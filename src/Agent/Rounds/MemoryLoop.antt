-- ===== src/Agent/Rounds/MemoryLoop.antt =====
-- The loop of streamMemory (cmd/agent/collector.go), and what it and the CPU loop log while the
-- collector answers.
use vkr_public.Base.{
  ◌≡◌, refl, ◌∙◌, Bool, false, Option, none, some, List, [], ◌∷◌, ◌++◌, if◌then◌else◌, ap,
  Option-cases, inl, inr,
}
use vkr_public.Float64.{Float64, FloatOps}
use vkr_public.Agent.Edge.{edge, edges}
use vkr_public.Agent.Edge.Alternation.{warnings, edges_start}
use vkr_public.Agent.Send.{Agent, Result}
use vkr_public.Agent.Send.Streak.{log_levels, log_levels-append}
use vkr_public.Agent.Rounds.{
  Round, Memory, memory_round, pt, host_labels, percent_message, value_fields,
}
use vkr_public.Agent.Rounds.Cpu.{
  CpuSample, cpu_loop, samples_of, AllReach, warn_levels, pass-levels, warn_levels-cons,
  cpu_loop-warnings,
}

-- A pass of the loop: the threshold of its moment, and the measurement.
pub record MemorySample : Type 0 where
  pub round : Round
  pub threshold : Float64
  pub reading : Option Memory

unfoldable pub memory_loop : FloatOps → List MemorySample → Bool → Agent → Result
unfolding memory_round
memory_loop ops [] warned a = (a, [])
memory_loop ops (x ∷ xs) warned a =
    let (warned', (a', calls)) = memory_round ops x.round x.threshold x.reading warned a in
    let (a'', more) = memory_loop ops xs warned' a' in (a'', calls ++ more)

-- The measurements that succeeded, each with its threshold.
abbrev pub readings_of : List MemorySample → List (Float64 × Float64)
readings_of [] = []
readings_of (x ∷ xs) = elim x.reading [
  | none ↦ readings_of xs
  | some v ↦ (x.threshold, v.used_percent) ∷ readings_of xs
]

-- Each batch of the run reaches the collector.
abbrev pub EachReaches : List MemorySample → Type 0
EachReaches [] = Unit
EachReaches (x ∷ xs) = (x.round.outcome ≡ none) × EachReaches xs

memory_round-levels :
    (ops : FloatOps) (r : Round) (threshold : Float64) (v : Memory) (warned : Bool) (a : Agent)
    → r.outcome ≡ none
    → a.fail_count ≡ 0
    → let (warned', (a', calls)) = memory_round ops r threshold (some v) warned a in
      (warned' ≡ (edge threshold v.used_percent warned).0)
      × (log_levels calls ≡ (if (edge threshold v.used_percent warned).1 then "warn" ∷ [] else []))
      × (a'.fail_count ≡ 0)
unfolding memory_round
memory_round-levels ops r threshold v warned a reached h =
    let labels = host_labels r.sending in
    let (levels, count) =
      pass-levels r.sending r.fresh (pt "mem_total_bytes" (ops.of_uint v.total) labels r.now a)
        (pt "mem_used_bytes" (ops.of_uint v.used) labels r.now a
          ∷ pt "mem_available_bytes" (ops.of_uint v.available) labels r.now a
          ∷ pt "mem_usage_percent" v.used_percent labels r.now a
          ∷ [])
        (edge threshold v.used_percent warned).1 r.warning
        (percent_message "high memory usage: " (ops.text_1 v.used_percent))
        (value_fields r.warning (ops.text_1 v.used_percent)) a h in
    rw reached (refl, levels, count)

memory_loop-levels :
    (ops : FloatOps) (xs : List MemorySample) (warned : Bool) (a : Agent)
    → EachReaches xs
    → a.fail_count ≡ 0
    → log_levels (memory_loop ops xs warned a).1 ≡ warn_levels (edges (readings_of xs) warned)
unfolding memory_loop edges
memory_loop-levels ops [] warned a reached h = refl
memory_loop-levels ops (x ∷ xs) warned a (reached, others) h = elim (Option-cases x.reading) [
  | inl e ↦ rw e (unfold memory_round in memory_loop-levels ops xs warned a others h)
  | inr (v, e) ↦
      let next = memory_round ops x.round x.threshold (some v) warned a in
      let (flag, levels, count) =
        memory_round-levels ops x.round x.threshold v warned a reached h in
      rw
        (e, log_levels-append, levels, memory_loop-levels ops xs next.0 next.1.0 others count, flag)
        (warn_levels-cons (edge x.threshold v.used_percent warned).1
          (edges (readings_of xs) (edge x.threshold v.used_percent warned).0))
]

-- While every batch reaches the collector and none failed before, a run of the CPU loop and one of the
-- memory loop each log exactly one warning for each sample that reaches its threshold when the last
-- sample above or below its own, if there was one, was below it, and nothing else.
pub loops-warnings :
    (ops : FloatOps) (xs : List CpuSample) (ys : List MemorySample) (a : Agent)
    → AllReach xs
    → EachReaches ys
    → a.fail_count ≡ 0
    → (log_levels (cpu_loop ops xs false a).1 ≡ warn_levels (warnings [] (samples_of xs)))
      × (log_levels (memory_loop ops ys false a).1 ≡ warn_levels (warnings [] (readings_of ys)))
loops-warnings ops xs ys a reached reaches count = (
  cpu_loop-warnings ops xs a reached count,
  memory_loop-levels ops ys false a reaches count ∙ ap warn_levels (edges_start (readings_of ys)),
)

========================================================================

## EXERCISE PROMPT
The entries above must be copied verbatim. Leave none out.

## OUTPUT OF THE TASK
filename src/Agent/Rounds/MemoryLoop.antt
-- ===== src/Agent/Rounds/MemoryLoop.antt =====
-- The loop of streamMemory (cmd/agent/collector.go), and what it and the CPU loop log while the
-- collector answers.
use vkr_public.Base.{
  ◌≡◌, refl, ◌∙◌, Bool, false, Option, none, some, List, [], ◌∷◌, ◌++◌, if◌then◌else◌, ap,
  Option-cases, inl, inr,
}
use vkr_public.Float64.{Float64, FloatOps}
use vkr_public.Agent.Edge.{edge, edges}
use vkr_public.Agent.Edge.Alternation.{warnings, edges_start}
use vkr_public.Agent.Send.{Agent, Result}
use vkr_public.Agent.Send.Streak.{log_levels, log_levels-append}
use vkr_public.Agent.Rounds.{
  Round, Memory, memory_round, pt, host_labels, percent_message, value_fields,
}
use vkr_public.Agent.Rounds.Cpu.{
  CpuSample, cpu_loop, samples_of, AllReach, warn_levels, pass-levels, warn_levels-cons,
  cpu_loop-warnings,
}

-- A pass of the loop: the threshold of its moment, and the measurement.
pub record MemorySample : Type 0 where
  pub round : Round
  pub threshold : Float64
  pub reading : Option Memory

unfoldable pub memory_loop : FloatOps → List MemorySample → Bool → Agent → Result
unfolding memory_round
memory_loop ops [] warned a = (a, [])
memory_loop ops (x ∷ xs) warned a =
    let (warned', (a', calls)) = memory_round ops x.round x.threshold x.reading warned a in
    let (a'', more) = memory_loop ops xs warned' a' in (a'', calls ++ more)

-- The measurements that succeeded, each with its threshold.
abbrev pub readings_of : List MemorySample → List (Float64 × Float64)
readings_of [] = []
readings_of (x ∷ xs) = elim x.reading [
  | none ↦ readings_of xs
  | some v ↦ (x.threshold, v.used_percent) ∷ readings_of xs
]

-- Each batch of the run reaches the collector.
abbrev pub EachReaches : List MemorySample → Type 0
EachReaches [] = Unit
EachReaches (x ∷ xs) = (x.round.outcome ≡ none) × EachReaches xs

memory_round-levels :
    (ops : FloatOps) (r : Round) (threshold : Float64) (v : Memory) (warned : Bool) (a : Agent)
    → r.outcome ≡ none
    → a.fail_count ≡ 0
    → let (warned', (a', calls)) = memory_round ops r threshold (some v) warned a in
      (warned' ≡ (edge threshold v.used_percent warned).0)
      × (log_levels calls ≡ (if (edge threshold v.used_percent warned).1 then "warn" ∷ [] else []))
      × (a'.fail_count ≡ 0)
unfolding memory_round
memory_round-levels ops r threshold v warned a reached h =
    let labels = host_labels r.sending in
    let (levels, count) =
      pass-levels r.sending r.fresh (pt "mem_total_bytes" (ops.of_uint v.total) labels r.now a)
        (pt "mem_used_bytes" (ops.of_uint v.used) labels r.now a
          ∷ pt "mem_available_bytes" (ops.of_uint v.available) labels r.now a
          ∷ pt "mem_usage_percent" v.used_percent labels r.now a
          ∷ [])
        (edge threshold v.used_percent warned).1 r.warning
        (percent_message "high memory usage: " (ops.text_1 v.used_percent))
        (value_fields r.warning (ops.text_1 v.used_percent)) a h in
    rw reached (refl, levels, count)

memory_loop-levels :
    (ops : FloatOps) (xs : List MemorySample) (warned : Bool) (a : Agent)
    → EachReaches xs
    → a.fail_count ≡ 0
    → log_levels (memory_loop ops xs warned a).1 ≡ warn_levels (edges (readings_of xs) warned)
unfolding memory_loop edges
memory_loop-levels ops [] warned a reached h = refl
memory_loop-levels ops (x ∷ xs) warned a (reached, others) h = elim (Option-cases x.reading) [
  | inl e ↦ rw e (unfold memory_round in memory_loop-levels ops xs warned a others h)
  | inr (v, e) ↦
      let next = memory_round ops x.round x.threshold (some v) warned a in
      let (flag, levels, count) =
        memory_round-levels ops x.round x.threshold v warned a reached h in
      rw
        (e, log_levels-append, levels, memory_loop-levels ops xs next.0 next.1.0 others count, flag)
        (warn_levels-cons (edge x.threshold v.used_percent warned).1
          (edges (readings_of xs) (edge x.threshold v.used_percent warned).0))
]

-- While every batch reaches the collector and none failed before, a run of the CPU loop and one of the
-- memory loop each log exactly one warning for each sample that reaches its threshold when the last
-- sample above or below its own, if there was one, was below it, and nothing else.
pub loops-warnings :
    (ops : FloatOps) (xs : List CpuSample) (ys : List MemorySample) (a : Agent)
    → AllReach xs
    → EachReaches ys
    → a.fail_count ≡ 0
    → (log_levels (cpu_loop ops xs false a).1 ≡ warn_levels (warnings [] (samples_of xs)))
      × (log_levels (memory_loop ops ys false a).1 ≡ warn_levels (warnings [] (readings_of ys)))
loops-warnings ops xs ys a reached reaches count = (
  cpu_loop-warnings ops xs a reached count,
  memory_loop-levels ops ys false a reaches count ∙ ap warn_levels (edges_start (readings_of ys)),
)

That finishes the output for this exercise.